French, heir of our fathers, of the one who waged the wars of Germany, of so many Frenchmen who waged war and who several times fought and each one once died for the liberty of the world, we shall ask this form of courage so particular and so eminent that the historian will be compelled to name it French courage, this courage essentially made of calm and clarity, of non-astonishment, this classical courage, essentially made of non-romanticism.
“I was then in Germany, where the occasion of the wars that are not yet ended there had called me; and, as I was returning from the coronation of the emperor toward the army, the beginning of winter stopped me in quarters where, finding no conversation to divert me, and having moreover, by good fortune, no cares nor passions to trouble me, I remained all day shut up alone by a stove, where I had all the leisure to entertain myself with my thoughts.”

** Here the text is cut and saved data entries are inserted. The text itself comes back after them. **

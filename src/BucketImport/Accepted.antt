-- ===== src/BucketImport/Accepted.antt =====
-- app/bucket_import.py: what `select` and `drop_known` accept.
use rag_ingestion_service.Prelude.{
  Bool, All-imp, leb, ltb, ◌==◌, not, is_empty, All, All-append, Distinct, Distinct-snoc, List,
  Text, [], arith, contains, contains-append, false, foldl, foldl_inv, if_ind, length,
  length-append, map, nat_eq, option_eq, refl, text_eq, true, ◌++◌, ◌<◌, ◌∷◌, ◌≡◌, ◌≤◌,
}
use rag_ingestion_service.Prelude.Filter.{filter}
use mathlib.Core.List.{map-append}
use rag_ingestion_service.Settings.{Settings}
use rag_ingestion_service.Storage.{RemoteObject, suffix}
use rag_ingestion_service.BucketImport.{
  Reason, Sorting, reject, normalize_extensions, content_hash_for, sort_object, select, no_suffix,
  empty_file, repeated_in_prefix, unsupported_suffix, too_large, too_many,
}

module _ (digest : Text → Text) (s : Settings) (bucket : Text) (suffixes : List Text) where
  -- The next state of the loop for an object that is taken.
  abbrev pub admit : Sorting → RemoteObject → Sorting
  admit w obj = record {
    accepted = w.accepted ++ obj ∷ [];
    rejected = w.rejected;
    seen = content_hash_for digest bucket obj ∷ w.seen;
  }

  -- The two ends of a round of the loop of `select`.
  pub data Verdict (w : Sorting) (obj : RemoteObject) (q : Sorting) : Type 0 where
    refused : (reason : Reason) → q ≡ reject w obj reason → Verdict w obj q
    admitted :
        contains suffixes (suffix obj) ≡ true
        → 0 < obj.size
        → obj.size ≤ s.bucket_import_max_file_size
        → length w.accepted < s.bucket_import_max_files
        → contains w.seen (content_hash_for digest bucket obj) ≡ false
        → q ≡ admit w obj
        → Verdict w obj q

  pub sort_object-Verdict :
      (w : Sorting) (obj : RemoteObject)
      → Verdict w obj (sort_object digest s bucket suffixes w obj)
  unfolding sort_object
  sort_object-Verdict w obj =
      let V = Verdict w obj in
      if_ind V (is_empty (suffix obj)) (λ _. refused no_suffix refl)
        λ _.
          if_ind V (not (contains suffixes (suffix obj)))
            (λ _. refused (unsupported_suffix (suffix obj)) refl)
            λ known.
              if_ind V (obj.size == 0) (λ _. refused empty_file refl)
                λ filled.
                  if_ind V (ltb s.bucket_import_max_file_size obj.size)
                    (λ _. refused (too_large s.bucket_import_max_file_size) refl)
                    λ fits.
                      if_ind V (leb s.bucket_import_max_files (length w.accepted))
                        (λ _. refused (too_many s.bucket_import_max_files) refl)
                        λ room.
                          if_ind V (contains w.seen (content_hash_for digest bucket obj))
                            (λ _. refused repeated_in_prefix refl)
                            λ fresh.
                              admitted (ground arith) (ground arith) (ground arith) (ground arith)
                                fresh refl

  abbrev hashes : List RemoteObject → List Text
  hashes = map (content_hash_for digest bucket)

  -- What an object meets to be taken: an extension that is asked for, and a size within bounds.
  pub record IsWanted (obj : RemoteObject) : Type 0 where
    pub asked : contains suffixes (suffix obj) ≡ true
    pub filled : 0 < obj.size
    pub fits : obj.size ≤ s.bucket_import_max_file_size

  record IsSorting (w : Sorting) : Type 0 where
    wanted : All IsWanted w.accepted
    few : length w.accepted ≤ s.bucket_import_max_files
    distinct : Distinct (hashes w.accepted)
    tracked : (t : Text) → contains w.seen t ≡ contains (hashes w.accepted) t

  Verdict-IsSorting :
      (w : Sorting) (obj : RemoteObject) (q : Sorting) → Verdict w obj q → IsSorting w → IsSorting q
  unfolding reject
  Verdict-IsSorting w obj q (refused reason e) h =
      rw e (record { wanted = h.wanted; few = h.few; distinct = h.distinct; tracked = h.tracked })
  Verdict-IsSorting w obj q (admitted asked filled fits room fresh e) h =
      let hash = content_hash_for digest bucket obj in
      rw e (record {
        wanted =
            All-append IsWanted w.accepted _ h.wanted
              (record { asked = asked; filled = filled; fits = fits }, tt);
        few = omega (arith, length-append w.accepted (obj ∷ []));
        distinct =
            rw map-append
              (Distinct-snoc (hashes w.accepted) hash h.distinct (ground (arith, h.tracked hash)));
        tracked = λ t.
            rw map-append
              (ground (arith, h.tracked t, contains-append (hashes w.accepted) (hash ∷ []) t));
      })

  sorted :
      (objects : List RemoteObject)
      → IsSorting (
          foldl
            (sort_object digest s bucket suffixes)
            (record { accepted = []; rejected = []; seen = [] })
            objects)
  sorted objects =
      foldl_inv IsSorting (sort_object digest s bucket suffixes)
        (λ w obj. Verdict-IsSorting w obj _ (sort_object-Verdict w obj)) _ objects
        (record { wanted = tt; few = omega arith; distinct = tt; tracked = λ t. refl })

contains-filter :
    (p : Text → Bool) (xs : List Text) (t : Text)
    → contains (filter p xs) t ≡ true
    → contains xs t ≡ true
unfolding filter
contains-filter p [] t h = h
contains-filter p (x ∷ xs) t h = ground (arith, contains-filter p xs t)

-- Whatever is asked for, no suffix passes that the service does not allow.
normalize_extensions-allowed :
    (s : Settings) (extensions : List Text) (t : Text)
    → contains (normalize_extensions s extensions) t ≡ true
    → contains s.allowed_suffixes t ≡ true
unfolding normalize_extensions
normalize_extensions-allowed s [] t h = h
normalize_extensions-allowed s (ext ∷ extensions) t h = contains-filter _ s.allowed_suffixes t h

module _ (digest : Text → Text) (s : Settings) (bucket : Text) where
  -- Every object that `select` accepts has one of the extensions that the settings allow, one that
  -- `normalize_extensions` keeps of those asked for, is not empty and not too large; there are no
  -- more of them than one import may take, and no two have the same deduplication key.
  pub select-accepted :
      (objects : List RemoteObject) (extensions : List Text)
      → let taken = (select digest s bucket objects extensions).accepted in
        All (λ obj. contains s.allowed_suffixes (suffix obj) ≡ true) taken
        × All (IsWanted digest s bucket (normalize_extensions s extensions)) taken
        × (length taken ≤ s.bucket_import_max_files)
        × Distinct (map (content_hash_for digest bucket) taken)
  unfolding select
  select-accepted objects extensions =
      let h = sorted digest s bucket (normalize_extensions s extensions) objects in
      (
        All-imp _ _ _ (λ obj k. normalize_extensions-allowed s extensions (suffix obj) k.asked)
            h.wanted,
        h.wanted,
        h.few,
        h.distinct,
      )
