-- ===== src/BucketImport/Partition.antt =====
-- app/bucket_import.py: nothing that was listed is lost, and what is known is not taken again.
use mathlib.Core.List.{
  map-append, append-nil, Perm, append_assoc, perm_middle, perm_append_singleton, perm_append_comm,
}
use mathlib.Core.List.Perm
use rag_ingestion_service.Prelude.{
  Bool, List, Text, [], arith, contains, false, foldl, if_ind, is_empty, map, nat_eq, not,
  option_eq, refl, sym, text_eq, true, ◌++◌, ◌∙◌, ◌∷◌, ◌≡◌,
}
use rag_ingestion_service.Prelude.Filter.{filter}
use rag_ingestion_service.Settings.{Settings}
use rag_ingestion_service.Storage.{RemoteObject}
use rag_ingestion_service.BucketImport.{
  Reason, Rejected, Selection, Sorting, reject, normalize_extensions, content_hash_for, sort_object,
  select, drop_object, drop_known, already_in_set,
}
use rag_ingestion_service.BucketImport.Accepted.{Verdict, refused, admitted, sort_object-Verdict}

-- The keys on both sides of a selection.
abbrev pub all_keys : List RemoteObject → List Rejected → List Text
all_keys accepted rejected = map (λ o. o.key) accepted ++ map (λ r. r.source_key) rejected

-- One more key on either side is one more key.
all_keys-accept :
    (acc : List RemoteObject) (rej : List Rejected) (obj : RemoteObject)
    → Perm (all_keys (acc ++ obj ∷ []) rej) (obj.key ∷ all_keys acc rej)
all_keys-accept acc rej obj = rw (map-append, append_assoc) (perm_middle _ _)

all_keys-reject :
    (acc : List RemoteObject) (rej : List Rejected) (obj : RemoteObject) (reason : Reason)
    → Perm
        (all_keys acc (rej ++ record { source_key = obj.key; reason = reason } ∷ []))
        (obj.key ∷ all_keys acc rej)
all_keys-reject acc rej obj reason =
    rw (map-append, ← append_assoc) (perm_append_singleton obj.key _)

-- A loop each round of which puts the key of its object on one side puts all keys there.
fold_perm :
    {S : Type 0} (keys_of : S → List Text) (step : S → RemoteObject → S)
    → ((w : S) (o : RemoteObject) → Perm (keys_of (step w o)) (o.key ∷ keys_of w))
    → (w : S) (objects : List RemoteObject)
    → Perm (keys_of (foldl step w objects)) (keys_of w ++ map (λ o. o.key) objects)
fold_perm keys_of step one w [] = rw append-nil (Perm.refl _)
fold_perm keys_of step one w (o ∷ os) =
    Perm.trans (fold_perm keys_of step one (step w o) os)
      (Perm.trans (Perm.append (one w o) (Perm.refl _)) (Perm.symm (perm_middle _ _)))

module _ (digest : Text → Text) (s : Settings) (bucket : Text) where
  Verdict-perm :
      (suffixes : List Text) (w : Sorting) (o : RemoteObject) (q : Sorting)
      → Verdict digest s bucket suffixes w o q
      → Perm (all_keys q.accepted q.rejected) (o.key ∷ all_keys w.accepted w.rejected)
  unfolding reject
  Verdict-perm suffixes w o q (refused reason e) =
      rw e (all_keys-reject w.accepted w.rejected o reason)
  Verdict-perm suffixes w o q (admitted _ _ _ _ _ e) =
      rw e (all_keys-accept w.accepted w.rejected o)

  -- `select` neither loses nor repeats an object: the accepted and the rejected keys together
  -- are the keys of the listing, up to order.
  pub select-perm :
      (objects : List RemoteObject) (extensions : List Text)
      → let sel = select digest s bucket objects extensions in
        Perm (all_keys sel.accepted sel.rejected) (map (λ o. o.key) objects)
  unfolding select
  select-perm objects extensions =
      let suffixes = normalize_extensions s extensions in
      fold_perm (λ (w : Sorting). all_keys w.accepted w.rejected)
        (sort_object digest s bucket suffixes)
        (λ w o. Verdict-perm suffixes w o _ (sort_object-Verdict digest s bucket suffixes w o))
        (record { accepted = []; rejected = []; seen = [] }) objects

not_contains : (l : List Text) (t : Text) → is_empty l ≡ true → contains l t ≡ false
not_contains [] t h = refl
not_contains (x ∷ xs) t h = cc

module _ (digest : Text → Text) (bucket : Text) (known_hashes : List Text) where
  abbrev is_new : RemoteObject → Bool
  is_new o = not (contains known_hashes (content_hash_for digest bucket o))

  drop_object-perm :
      (sel : Selection) (o : RemoteObject)
      → let sel' = drop_object digest bucket known_hashes sel o in
        Perm (all_keys sel'.accepted sel'.rejected) (o.key ∷ all_keys sel.accepted sel.rejected)
  unfolding drop_object
  drop_object-perm sel o =
      if_ind
        (λ (q : Selection).
          Perm (all_keys q.accepted q.rejected) (o.key ∷ all_keys sel.accepted sel.rejected))
        (contains known_hashes (content_hash_for digest bucket o))
        (λ _. all_keys-reject sel.accepted sel.rejected o already_in_set)
        (λ _. all_keys-accept sel.accepted sel.rejected o)

  drop_loop :
      (sel : Selection) (objects : List RemoteObject)
      → (foldl (drop_object digest bucket known_hashes) sel objects).accepted
        ≡ sel.accepted ++ filter is_new objects
  unfolding drop_object filter
  drop_loop sel [] = rw append-nil
  drop_loop sel (o ∷ os) = ground (
    arith,
    drop_loop (drop_object digest bucket known_hashes sel o) os,
    append_assoc sel.accepted (o ∷ []) (filter is_new os),
  )

  all_new :
      (objects : List RemoteObject) → is_empty known_hashes ≡ true → filter is_new objects ≡ objects
  unfolding filter
  all_new [] h = refl
  all_new (o ∷ os) h =
      ground (arith, all_new os h, not_contains known_hashes (content_hash_for digest bucket o))

  -- Of a selection `drop_known` keeps, in their order, exactly the objects whose key is not known
  -- in the set; every other one is among the rejected, and no key is lost or repeated.
  pub drop_known_lem :
      (sel : Selection)
      → let kept = drop_known digest bucket sel known_hashes in
        (kept.accepted ≡ filter is_new sel.accepted)
        × Perm (all_keys kept.accepted kept.rejected) (all_keys sel.accepted sel.rejected)
  unfolding drop_known
  drop_known_lem sel =
      let goal = λ (kept : Selection).
        (kept.accepted ≡ filter is_new sel.accepted)
        × Perm (all_keys kept.accepted kept.rejected) (all_keys sel.accepted sel.rejected) in
      if_ind goal (is_empty known_hashes)
        (λ none_known. (sym (all_new sel.accepted none_known), Perm.refl _))
        (λ _. (
          drop_loop (record { accepted = []; rejected = sel.rejected }) sel.accepted,
          Perm.trans
              (fold_perm (λ (q : Selection). all_keys q.accepted q.rejected)
                (drop_object digest bucket known_hashes) drop_object-perm
                (record { accepted = []; rejected = sel.rejected }) sel.accepted)
              (perm_append_comm (map (λ r. r.source_key) sel.rejected)
                (map (λ o. o.key) sel.accepted)),
        ))

none_new :
    (digest : Text → Text) (bucket : Text) (known : List Text) (objects : List RemoteObject)
    → ((o : Text)
        → contains (map (content_hash_for digest bucket) objects) o ≡ true
        → contains known o ≡ true)
    → filter (is_new digest bucket known) objects ≡ []
unfolding filter
none_new digest bucket known [] h = refl
none_new digest bucket known (o ∷ os) h =
    rw (h (content_hash_for digest bucket o) (ground arith))
      (none_new digest bucket known os (λ t m. h t (ground arith)))

-- A second import of the same objects takes nothing: once the set holds the keys of everything
-- that was accepted, `drop_known` accepts none of it.
pub drop_known_again :
    (digest : Text → Text) (bucket : Text) (known : List Text) (sel : Selection)
    → ((t : Text)
        → contains (map (content_hash_for digest bucket) sel.accepted) t ≡ true
        → contains known t ≡ true)
    → (drop_known digest bucket sel known).accepted ≡ []
drop_known_again digest bucket known sel h =
    (drop_known_lem digest bucket known sel).0 ∙ none_new digest bucket known sel.accepted h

This courage which consists neither in ignoring nor in scorning — to scorn, that is, not to take account of the price, to misjudge the price — but in knowing very exactly, and very exactly not being afraid and continuing very exactly. And to this sole end that we not be exposed to the temptation of national pride, it is not in the life of a Frenchman that we shall find an eminent and perfect symbol of this French courage, but it is in the life of a saint who had, I think, more of the German or of the North Italian and even of the South or of the Spaniard than of the Frenchman that we must seek it and that we shall exactly find it, and that we shall find its very formula.
A foreigner would be astonished that, being under the blow of this threat and knowing it perfectly, we continue to publish poems, prose, works.
Louis de Gonzaga: the story goes that Saint Louis de Gonzaga, being a novice, during a recreation his classmates, or his companions — I do not know how one should say it — amused themselves — let us say, to please me, that they were playing dodgeball — amused themselves suddenly by posing this question, which must form the basis of a traditional seminary joke. They suddenly posed this question, which makes, if you will, a parlor game, but which is, whether one will or not, a formidable interrogation. They said to each other, among themselves, suddenly, they asked each other: “If we learned all of a sudden, at this very moment, that the Last Judgment will take place in twenty-five minutes — it is eleven seventeen, the clock is there — what would you do?” They did not perhaps speak so briefly, and no doubt they spoke a little more like monks and like Catholics, but the meaning was the same. Then some imagined exercises, some imagined prayers, some imagined mortifications, all ran to the tribunal of penance, some commended themselves to Our Lady, and some additionally commended themselves to their patron saint. Louis de Gonzaga said: I would continue playing dodgeball.
Do not ask me if this story is authentic. It suffices me that it is one of the most admirable stories in the world. I would be quite embarrassed to give you the reference. One can give references for Hugo. For the saints it is much more difficult. It is a story that is common among Catholics. It makes the rounds of catechism classes. Speak of it to a Catholic. His first impulse will be to laugh in your face. Of course I know your story.